[SOLVED] How are the `bound` values in `scipy.optimize.minimize` distributed?

How are the `bound` values in `scipy.optimize.minimize` distributed?

I have a conceptual question. How are the bound values in

scipy.optimize.minimize(fun, x0, args=(), method=None, jac=None, hess=None, hessp=None, bounds=None, constraints=(), tol=None, callback=None, options=None)

is distributed.

Are they sequenced linearly? What is the distribution of the parameter values? If the distribution is non-linear then how are the candidate values are searched?

Solution

What is the distribution of the parameter values?

The scipy.optimize.minimize() makes no assumptions about what distribution your parameter values come from. It doesn't need to make this assumption, because it is not a global optimizer.

Let's compare and contrast some other optimizers.

The scipy.optimize.brute() optimizer searches for a function minimum by "computing the function’s value at each point of a multidimensional grid of points, to find the global minimum of the function." This creates a bunch of linearly spaced points, and searches every combination of points for every variable. This is a global optimizer - it is searching the entire search space. The cost of this is that it is spending a lot of time searching regions that aren't anywhere near the minimum. From a probability perspective, you could think of this as drawing the parameters to search from a uniform distribution. (Although, this is a slightly weird way to describe it, as brute() is completely deterministic.)

The scipy.optimize.dual_annealing() optimizer searches for a function minimum by an algorithm which is similar to stochastic annealing. This is also a global optimizer, but focuses on the area around the accepted solution. It draws new parameters to search from a Cauchy-Lorentz visiting distribution centered on the current accepted solution.

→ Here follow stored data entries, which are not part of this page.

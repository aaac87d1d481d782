-- ===== src/Calendar/Event/Matching.antt =====
-- The loop of `match`, against the sets that the fields stand for.
use resticprofile.Base.{ℕ, ◌≡◌, Bool, not, ◌&&◌, ◌||◌, arith}
use resticprofile.Calendar.Value.{Value, is_in_range}
use resticprofile.Calendar.Value.Bounds.{IsValid}
use resticprofile.Calendar.Value.Members.{in_single}
use resticprofile.Calendar.Event.{Event, Moment, match_value, match_values, match_moment}
use resticprofile.Calendar.Event.Rules.Fields.{IsValidEvent}

-- A field without a value leaves its number free.
abbrev pub allows : Value → ℕ → Bool
allows v n = not v.has_value || is_in_range n v

match_value-allows : (v : Value) (n : ℕ) → IsValid v → match_value v n ≡ allows v n
unfolding match_value
match_value-allows v n h = ground (arith, h.single_has_value, in_single v n)

-- Every field allows the number that the moment has there; the seconds are not looked at.
abbrev pub fields_allow : Event → Moment → Bool
fields_allow e t =
    allows e.years t.year_of
    && allows e.months t.month_of
    && allows e.days t.day_of
    && allows e.week_days t.weekday_of
    && allows e.hours t.hour_of
    && allows e.minutes t.minute_of

-- A valid event matches a moment exactly if each of its fields but the seconds is without a value or
-- holds the number that the moment has there.
pub match_moment-allows :
    (e : Event) (t : Moment) → IsValidEvent e → match_moment e t ≡ fields_allow e t
unfolding match_moment match_values
match_moment-allows e t h = ground (
  arith,
  match_value-allows e.years t.year_of h.years_valid,
  match_value-allows e.months t.month_of h.months_valid,
  match_value-allows e.days t.day_of h.days_valid,
  match_value-allows e.week_days t.weekday_of h.week_days_valid,
  match_value-allows e.hours t.hour_of h.hours_valid,
  match_value-allows e.minutes t.minute_of h.minutes_valid,
)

With these examples in mind, let's talk about minimize() again.

If the distribution is non-linear then how are the candidate values are searched?

In contrast to those global optimizers, minimize() is a local optimizer. It supports a variety of methods, but in general, those methods are doing the following:

Start with an initial guess x0.
Find the function gradient at this point, by numerically differentiating the function.
Determine which direction, if any, is downhill.
Move in that direction. This is the new x.
Return to step 2, and repeat until no meaningful improvement can be made.

This is making some assumptions, but they're not assumptions about parameter distribution. Specifically:

It assumes that local minimums don't exist or don't matter. If there is a global minimum, but minimize() would need to go uphill to find it before going downhill again, then it is not smart enough to do that.
It assumes that the function you're optimizing is differentiable.

The advantage of it is that it usually takes fewer evaluations than a global optimizer.